• Work instructions: All lines from the one with "-- The branch" through the final line of the records below must be written out exactly, with no other text.

• Saved entries:
┄┄┄┄┄┄

-- ===== src/Daemon/Migrate.antt =====
-- pkg/daemon/vm_controller.go: the migration of a running machine, of which the daemons of both nodes
-- do their parts.
use mathlib.Core.Option
use ch_vmm.Prelude.{
  ℕ, zero, suc, String, Bool, true, false, Option, none, some, if◌then◌else◌, str_eq,
}
use ch_vmm.Controller.Program.{
  Answer, done, not_found, ok, Program, ◌>>=◌, ◌>>◌, return, fail, must,
}
use ch_vmm.Controller.Machine.{PodPhase}
use ch_vmm.Daemon.{
  Vm, Migration, MigrationPhase, scheduled, target_ready, running, sent, ControlBlock, Pod,
  VmmState, stat, vmm, info, load_ca, relay_in, relay_out, start_receive, start_send, poll_received,
  poll_sent, cancel_receive, cancel_send, Server, Node, State, get_status, modify, record_event,
  call, fetch, join, pod_dir, data_dir,
}
use ch_vmm.Daemon.Mounts.{mount_volumes}
use ch_vmm.Daemon.Umounts.{cleanup}

abbrev pub empty_block : ControlBlock
empty_block = record {
  sending = false;
  can_cancel_send = false;
  receiving = false;
  can_cancel_receive = false;
}

-- The directory of the target's hypervisor, and its socket.
pub target_dir : Migration → String
unfolding pod_dir
target_dir m = pod_dir m.target_pod_uid "ch-vmm"

pub target_socket : Migration → String
unfolding target_dir join
target_socket m = join (target_dir m) "vm.sock"

pub receive_socket : Migration → String
unfolding target_dir join
receive_socket m = join (target_dir m) "rx.sock"

-- Whether the control block is dropped: the migration is over for this node.
abbrev pub is_over : MigrationPhase → Bool → Bool
is_over MigrationPhase.failed here = true
is_over MigrationPhase.succeeded here = true
is_over MigrationPhase.sent here = here
is_over p here = false

module _ (server : Server) (node : Node) (vm : Vm) where
  abbrev M : Type 0 → Type 0
  M A = Program State A

  unfoldable pub set_migration : (Migration → Migration) → M (Unit {0})
  set_migration f = modify (λ s. record s { migration = Option.map f s.migration })

  abbrev pub set_migration_phase : MigrationPhase → M (Unit {0})
  set_migration_phase p = set_migration (λ m. record m { phase = p })

  -- `wait.PollImmediate` for a file, which ends also by an error: whether it was seen.
  unfoldable pub await_file : ℕ → String → M Bool
  await_file zero path = return false
  await_file (suc rounds) path = do
    answered ← call server (stat path)
    elim answered [ done ↦ return true | not_found ↦ await_file rounds path | _ ↦ return false ]

  -- The same for the socket of a receiver, unless it reports an error.
  unfoldable pub await_receiver : ℕ → String → M Bool
  await_receiver zero path = return false
  await_receiver (suc rounds) path = do
    polled ← call server poll_received
    elim polled [
      | done ↦ do
        answered ← call server (stat path)
        elim answered [
          | done ↦ return true
          | not_found ↦ await_receiver rounds path
          | _ ↦ return false
        ]
      | _ ↦ return false
    ]

  -- A migration that fails here ends the call; the control block is left as it was.
  unfoldable pub fail_migration : M (Option ControlBlock)
  fail_migration = do
    record_event "FailedVMMigrate"
    set_migration_phase MigrationPhase.failed
    return none

  -- The relay to the receiver, and the volumes.
  unfoldable pub prepare_target : Migration → ControlBlock → M (Option ControlBlock)
  unfolding receive_socket
  prepare_target m b = do
    loaded ← call server load_ca
    must loaded
    relayed ← fetch server (relay_in (receive_socket m)) server.port
    must relayed.0
    mount_volumes server node vm m.target_pod_uid m.target_volume_pod_uid
    set_migration (λ m'. record m' {
      target_port = relayed.1;
      target_ip = node.ip;
      phase = MigrationPhase.target_ready;
    })
    return (some b)

  unfoldable pub receive_if : Answer → Migration → ControlBlock → M (Option ControlBlock)
  unfolding prepare_target await_receiver fail_migration target_socket receive_socket
  receive_if done m b = prepare_target m b
  receive_if not_found m b = do
    _ ← call server (start_receive (target_socket m))
    came ← await_receiver node.patience (receive_socket m)
    if came then prepare_target m (record b { receiving = true }) else fail_migration
  receive_if e m b = fail e

  unfoldable pub receive : Migration → ControlBlock → M (Option ControlBlock)
  unfolding await_file receive_if fail_migration target_socket receive_socket
  receive m b = do
    came ← await_file node.patience (target_socket m)
    if came
        then (do
          answered ← call server (stat (receive_socket m))
          receive_if answered m (record b { can_cancel_receive = true }))
        else fail_migration

  unfoldable pub send : Migration → ControlBlock → M (Option ControlBlock)
  unfolding data_dir join
  send m b = do
    status ← get_status
    relayed ← call server (relay_out (join (data_dir status) "tx.sock") m.target_ip m.target_port)
    must relayed
    _ ← call server (start_send (join (data_dir status) "vm.sock"))
    set_migration_phase MigrationPhase.running
    return (some (record b { can_cancel_send = true; sending = true }))

  unfoldable pub finish_sending : ControlBlock → M (Option ControlBlock)
  finish_sending b =
      if b.can_cancel_send
      then (do _ ← call server cancel_send; return (some b))
      else return (some b)

  unfoldable pub sent_if : Answer → ControlBlock → M (Option ControlBlock)
  unfolding finish_sending
  sent_if done b = return none
  sent_if e b = do
    record_event "FailedVMMigrate"
    set_migration_phase MigrationPhase.failed
    finish_sending b

  unfoldable pub follow_sending : PodPhase → ControlBlock → M (Option ControlBlock)
  unfolding finish_sending sent_if
  follow_sending PodPhase.succeeded b = do
    cleanup server node vm
    set_migration_phase MigrationPhase.sent
    finish_sending b
  follow_sending p b =
      if b.sending
      then (do polled ← call server poll_sent; sent_if polled b)
      else (do set_migration_phase MigrationPhase.failed; finish_sending b)

  -- The machine moves to the target.
  unfoldable pub hand_over : Migration → ControlBlock → M (Option ControlBlock)
  hand_over m b = do
    set_migration_phase MigrationPhase.succeeded
    modify (λ s. record s {
      node_name = m.target_node;
      pod_name = m.target_pod_name;
      pod_uid = m.target_pod_uid;
    })
    if b.can_cancel_receive
        then (do _ ← call server cancel_receive; return (some b))
        else return (some b)

  unfoldable pub take_over : Migration → ControlBlock → M (Option ControlBlock)
  unfolding hand_over target_socket
  take_over m b = do
    answered ← fetch server (vmm (target_socket m) info) server.info
    must answered.0
    elim answered.1.state [ VmmState.running ↦ hand_over m b | _ ↦ return none ]

  -- The part of this node, by the phase of the migration.
  unfoldable pub migrate_part :
      MigrationPhase → Bool → Bool → Migration → PodPhase → ControlBlock → M (Option ControlBlock)
  unfolding receive send follow_sending take_over
  migrate_part scheduled here there m pod b = if there then receive m b else return (some b)
  migrate_part target_ready here there m pod b = if here then send m b else return (some b)
  migrate_part running here there m pod b = if here then follow_sending pod b else return (some b)
  migrate_part sent here there m pod b = if there then take_over m b else return (some b)
  migrate_part p here there m pod b = return (some b)

  abbrev pub set_block : Option ControlBlock → M (Unit {0})
  set_block b (m, t) = (ok tt, (record m { block = b }, t))

  abbrev pub block_of : Option ControlBlock → ControlBlock
  block_of none = empty_block
  block_of (some b) = b

  abbrev pub get_block : M ControlBlock
  get_block s = (ok (block_of s.0.block), s)

  -- The end, where the control block is stored or dropped.
  unfoldable pub keep_block : Option ControlBlock → M (Unit {0})
  keep_block none = return tt
  keep_block (some b) = do
    status ← get_status
    elim status.migration [
      | none ↦ return tt
      | some m ↦
          if is_over m.phase (str_eq status.node_name node.name)
          then set_block none
          else set_block (some b)
    ]

  -- The branch of a machine that is being migrated.
  unfoldable pub migrate : Migration → Pod → M (Unit {0})
  unfolding migrate_part keep_block
  migrate m pod = do
    b ← get_block
    status ← get_status
    kept ←
        migrate_part m.phase (str_eq status.node_name node.name) (str_eq m.target_node node.name) m
          pod.phase b
    keep_block kept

┄┄┄┄┄┄

• Answer to the exercise:
  -- The branch of a machine that is being migrated.
  unfoldable pub migrate : Migration → Pod → M (Unit {0})
  unfolding migrate_part keep_block
  migrate m pod = do
    b ← get_block
    status ← get_status
    kept ←
        migrate_part m.phase (str_eq status.node_name node.name) (str_eq m.target_node node.name) m
          pod.phase b
    keep_block kept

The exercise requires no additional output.